I am working on a problem right where I have a sequence $(x_n)$ which converges weakly to some $x$ in a Hilbert space $(H, \left<\cdot, \cdot\right>)$. Denote by $||\cdot||$ the norm induced by the inner-product. Since an induced norm is (sequentially) weakly lower-semicontinuous, we have that $||x|| \le \liminf_{n \to \infty} ||x_n||$.
Now consider the Banach space $(H, ||\cdot||_0)$ and suppose that $||\cdot||$ and $||\cdot||_0$ are bi-Lipchitz equivalent. That is, $\exists \alpha, \beta \in \mathbb{R}$ such that $\alpha ||v|| \le ||v||_0 \le \beta ||v||$ for all $v \in H.$ Can I similarly conclude that $||x||_0 \le \liminf_{n \to \infty} ||x_n||_0$?
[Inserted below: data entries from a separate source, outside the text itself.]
-- ===== src/Join/Expansion.antt =====
-- Inclusion-exclusion: the sum over all masks of the signed products is the product of the old
-- weights.
use openivm.Base.{
  ℕ, zero, suc, ◌+◌, ◌*◌, ◌/◌, ◌^◌, ◌-◌, ◌<◌, ◌≡◌, refl, sym, ap, ◌∙◌, true, false, not, List, [],
  ◌∷◌, map, arith, if◌then◌else◌, length, two_pow-suc, two_pow_pos,
}
use mathlib.Core.Path.{fun_ext}
use openivm.Base.Int.{
  ℤ, pos_part, neg_part, -ℤ_parts, pos, negsuc, ◌+ℤ◌, ◌-ℤ◌, ◌*ℤ◌, int_laws, mul_laws, *ℤ_comm,
  *ℤ_distrib, *ℤ_assoc, *ℤ_zero, *ℤ_one,
}
use openivm.Join.Mask.{odd}
use openivm.Join.Weights.{
  Cell, old, now_of, product, even, combined, mul_weights, base_product, term_weight,
}

unfoldable pub signed : ℕ → List Cell → ℤ
signed mask [] = pos 1
signed mask (c ∷ cs) = (if odd mask then pos 0 -ℤ c.delta else c.now) *ℤ signed (mask / 2) cs

unfoldable pub sum_range : ℕ → ℕ → (ℕ → ℤ) → ℤ
sum_range zero m f = pos 0
sum_range (suc n) m f = f m +ℤ sum_range n (m + 1) f

negated : List ℤ → ℤ
negated [] = pos 1
negated (w ∷ ws) = (pos 0 -ℤ w) *ℤ negated ws

neg-eq-mul : (w : ℤ) → pos 0 -ℤ w ≡ negsuc 0 *ℤ w
neg-eq-mul w = omega mul_laws

neg_mul : (w x : ℤ) → (pos 0 -ℤ w) *ℤ x ≡ negsuc 0 *ℤ (w *ℤ x)
neg_mul w x = rw neg-eq-mul (*ℤ_assoc (negsuc 0) w x)

mul_neg_mul : (w x : ℤ) → w *ℤ (negsuc 0 *ℤ x) ≡ negsuc 0 *ℤ (w *ℤ x)
mul_neg_mul w x =
    sym (*ℤ_assoc w (negsuc 0) x)
    ∙ ap (λ (t : ℤ). t *ℤ x) (*ℤ_comm w (negsuc 0))
    ∙ *ℤ_assoc (negsuc 0) w x

neg_neg : (x : ℤ) → negsuc 0 *ℤ (negsuc 0 *ℤ x) ≡ x
neg_neg x = omega mul_laws

even-suc : (n : ℕ) → even (suc n) ≡ not (even n)
unfolding even
even-suc n = ground arith

-- The products of the negated weights, by the parity of their number.
negated-product :
    (ws : List ℤ) → negated ws ≡ (if even (length ws) then product ws else negsuc 0 *ℤ product ws)
unfolding negated
negated-product [] = unfold even in refl
negated-product (w ∷ ws) =
    rw (negated-product ws, even-suc)
      (ground (
        arith,
        neg_mul w (product ws),
        neg_mul w (negsuc 0 *ℤ product ws),
        mul_neg_mul w (product ws),
        neg_neg (w *ℤ product ws),
      ))

combined-negated : (ws : List ℤ) → combined ws ≡ pos 0 -ℤ negated ws
combined-negated ws =
    rw (negated-product ws, neg-eq-mul) (unfold combined in ground (arith, neg_neg (product ws)))

two_suc : (n : ℕ) → 2 * suc n ≡ suc (suc (2 * n))
two_suc n = omega arith

next_even : (m : ℕ) → 2 * m + 1 + 1 ≡ 2 * (m + 1)
next_even m = omega arith

+ℤ_assoc_lem : (a b c : ℤ) → a +ℤ (b +ℤ c) ≡ a +ℤ b +ℤ c
+ℤ_assoc_lem a b c = omega int_laws

sum_double :
    (n m : ℕ) (f : ℕ → ℤ)
    → sum_range (2 * n) (2 * m) f ≡ sum_range n m (λ k. f (2 * k) +ℤ f (2 * k + 1))
unfolding sum_range
sum_double zero m f = refl
sum_double (suc n) m f =
    rw (two_suc n, next_even m, sum_double n (m + 1) f)
      (+ℤ_assoc_lem (f (2 * m)) (f (2 * m + 1))
        (sum_range n (m + 1) (λ k. f (2 * k) +ℤ f (2 * k + 1))))

-- The factors of a product that all masks share.
pub sum_mul : (n m : ℕ) (x : ℤ) (f : ℕ → ℤ) → sum_range n m (λ k. x *ℤ f k) ≡ x *ℤ sum_range n m f
unfolding sum_range
sum_mul zero m x f = sym (*ℤ_zero x)
sum_mul (suc n) m x f = rw (sum_mul n (m + 1) x f) (sym (*ℤ_distrib x (f m) _))

half_even : (k : ℕ) → 2 * k / 2 ≡ k
half_even k = omega arith

half_odd : (k : ℕ) → (2 * k + 1) / 2 ≡ k
half_odd k = omega arith

odd_even : (k : ℕ) → odd (2 * k) ≡ false
odd_even k = ground arith

odd-odd : (k : ℕ) → odd (2 * k + 1) ≡ true
odd-odd k = ground arith

factor : (a d x : ℤ) → a *ℤ x +ℤ (pos 0 -ℤ d) *ℤ x ≡ (a -ℤ d) *ℤ x
factor a d x = omega (
  mul_laws,
  ap (λ (t : ℕ). t * pos_part x) (-ℤ_parts a d),
  ap (λ (t : ℕ). t * neg_part x) (-ℤ_parts a d),
  ap (λ (t : ℕ). t * pos_part x) (-ℤ_parts (pos 0) d),
  ap (λ (t : ℕ). t * neg_part x) (-ℤ_parts (pos 0) d),
)

signed_pair :
    (c : Cell) (cs : List Cell) (k : ℕ)
    → signed (2 * k) (c ∷ cs) +ℤ signed (2 * k + 1) (c ∷ cs) ≡ old c *ℤ signed k cs
unfolding signed
signed_pair c cs k =
    rw (odd_even k, odd-odd k, half_even k, half_odd k) (factor c.now c.delta (signed k cs))

sum_ext : (n m : ℕ) {f g : ℕ → ℤ} → ((k : ℕ) → f k ≡ g k) → sum_range n m f ≡ sum_range n m g
sum_ext n m h = ap (sum_range n m) (fun_ext h)

-- Over all masks the signed products add up to the product of the old weights.
sum-signed :
    (cs : List Cell) → sum_range (2 ^ length cs) 0 (λ mask. signed mask cs) ≡ product (map old cs)
sum-signed [] = unfold sum_range signed ◌+ℤ◌ in refl
sum-signed (c ∷ cs) = rw two_pow-suc (
    sum_double (2 ^ length cs) 0 (λ mask. signed mask (c ∷ cs))
    ∙ sum_ext (2 ^ length cs) 0 (signed_pair c cs)
    ∙ sum_mul (2 ^ length cs) 0 (old c) (λ mask. signed mask cs)
    ∙ ap (λ (t : ℤ). old c *ℤ t) (sum-signed cs))

mul_swap : (a b c : ℤ) → a *ℤ (b *ℤ c) ≡ b *ℤ (a *ℤ c)
mul_swap a b c = sym (*ℤ_assoc a b c) ∙ ap (λ (t : ℤ). t *ℤ c) (*ℤ_comm a b) ∙ *ℤ_assoc b a c

-- A term's weight is the negated signed product of its mask.
negated-signed :
    (cs : List Cell) (mask : ℕ)
    → negated (mul_weights mask cs) *ℤ base_product mask cs ≡ signed mask cs
unfolding mul_weights base_product signed negated
negated-signed [] mask = *ℤ_one (pos 1)
negated-signed (c ∷ cs) mask =
    let rest = negated (mul_weights (mask / 2) cs) in
    let base = base_product (mask / 2) cs in
    ground (
      arith,
      negated-signed cs (mask / 2),
      *ℤ_assoc (pos 0 -ℤ c.delta) rest base,
      mul_swap rest c.now base,
    )

pub term_weight-signed : (cs : List Cell) (mask : ℕ) → term_weight cs mask ≡ pos 0 -ℤ signed mask cs
unfolding term_weight
term_weight-signed cs mask =
    rw (combined-negated, ← negated-signed cs mask)
      (neg_mul (negated (mul_weights mask cs)) (base_product mask cs)
        ∙ sym (neg-eq-mul (negated (mul_weights mask cs) *ℤ base_product mask cs)))

neg_add : (a b : ℤ) → (pos 0 -ℤ a) +ℤ (pos 0 -ℤ b) ≡ pos 0 -ℤ (a +ℤ b)
neg_add a b = omega int_laws

sum_neg : (n m : ℕ) (f : ℕ → ℤ) → sum_range n m (λ k. pos 0 -ℤ f k) ≡ pos 0 -ℤ sum_range n m f
unfolding sum_range
sum_neg zero m f = unfold ◌-ℤ◌ in refl
sum_neg (suc n) m f = rw (sum_neg n (m + 1) f) (neg_add (f m) (sum_range n (m + 1) f))

signed-zero : (cs : List Cell) → signed 0 cs ≡ product (map now_of cs)
unfolding signed
signed-zero [] = refl
signed-zero (c ∷ cs) = ap (λ (t : ℤ). c.now *ℤ t) (signed-zero cs)

suc_sub_one : (n : ℕ) → suc n - 1 ≡ n
suc_sub_one n = omega arith

sum_head : (n : ℕ) (f : ℕ → ℤ) → 0 < n → sum_range n 0 f ≡ f 0 +ℤ sum_range (n - 1) 1 f
sum_head zero f h = elim h [ ]
sum_head (suc n) f h = rw (suc_sub_one n) (unfold sum_range in refl)

rearrange : (n r : ℤ) → pos 0 -ℤ r ≡ n -ℤ (n +ℤ r)
rearrange n r = omega int_laws

-- Over all non-empty masks the terms add up to the change of the join.
pub sum-term_weight :
    (cs : List Cell)
    → sum_range (2 ^ length cs - 1) 1 (term_weight cs)
      ≡ product (map now_of cs) -ℤ product (map old cs)
sum-term_weight cs =
    sum_ext (2 ^ length cs - 1) 1 (term_weight-signed cs)
    ∙ sum_neg (2 ^ length cs - 1) 1 (λ mask. signed mask cs)
    ∙ rearrange (product (map now_of cs)) (sum_range (2 ^ length cs - 1) 1 (λ mask. signed mask cs))
    ∙ ap (λ (t : ℤ). product (map now_of cs) -ℤ t)
        (ap (λ (t : ℤ). t +ℤ sum_range (2 ^ length cs - 1) 1 (λ mask. signed mask cs))
            (sym (signed-zero cs))
          ∙ sym (sum_head (2 ^ length cs) (λ mask. signed mask cs) (two_pow_pos (length cs)))
          ∙ sum-signed cs)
It's my understanding that, since the norms are equivalent, $(H, ||\cdot||)$ and $(H, ||\cdot||_0)$ must have the same continuous dual space, and hence the same weak topology. Therefore, $x_n \rightharpoonup x$ with respect to the weak topology of $(H, ||\cdot||_0)$. I would also imagine that the reflexivity of $(H, \left<\cdot, \cdot\right>)$ is carried over to $(H, ||\cdot||_0)$ for similar reasons, after which I should have that $||\cdot||_0$ is (sequentially) weakly lower-semicontinuous as well. Does this hold?
Best Answer
Hm, perhaps, you have thought too much?
For all normed vector space $E$, if $x_n$ converges weakly to $x$ ($x,x_1,x_2,... \in E$ ), we have $|x| \le \liminf |x_n|$
Now, if you have already the weak convergence of $x_n$ to $x$ in the new norm, then clearly, you have that norm inequality.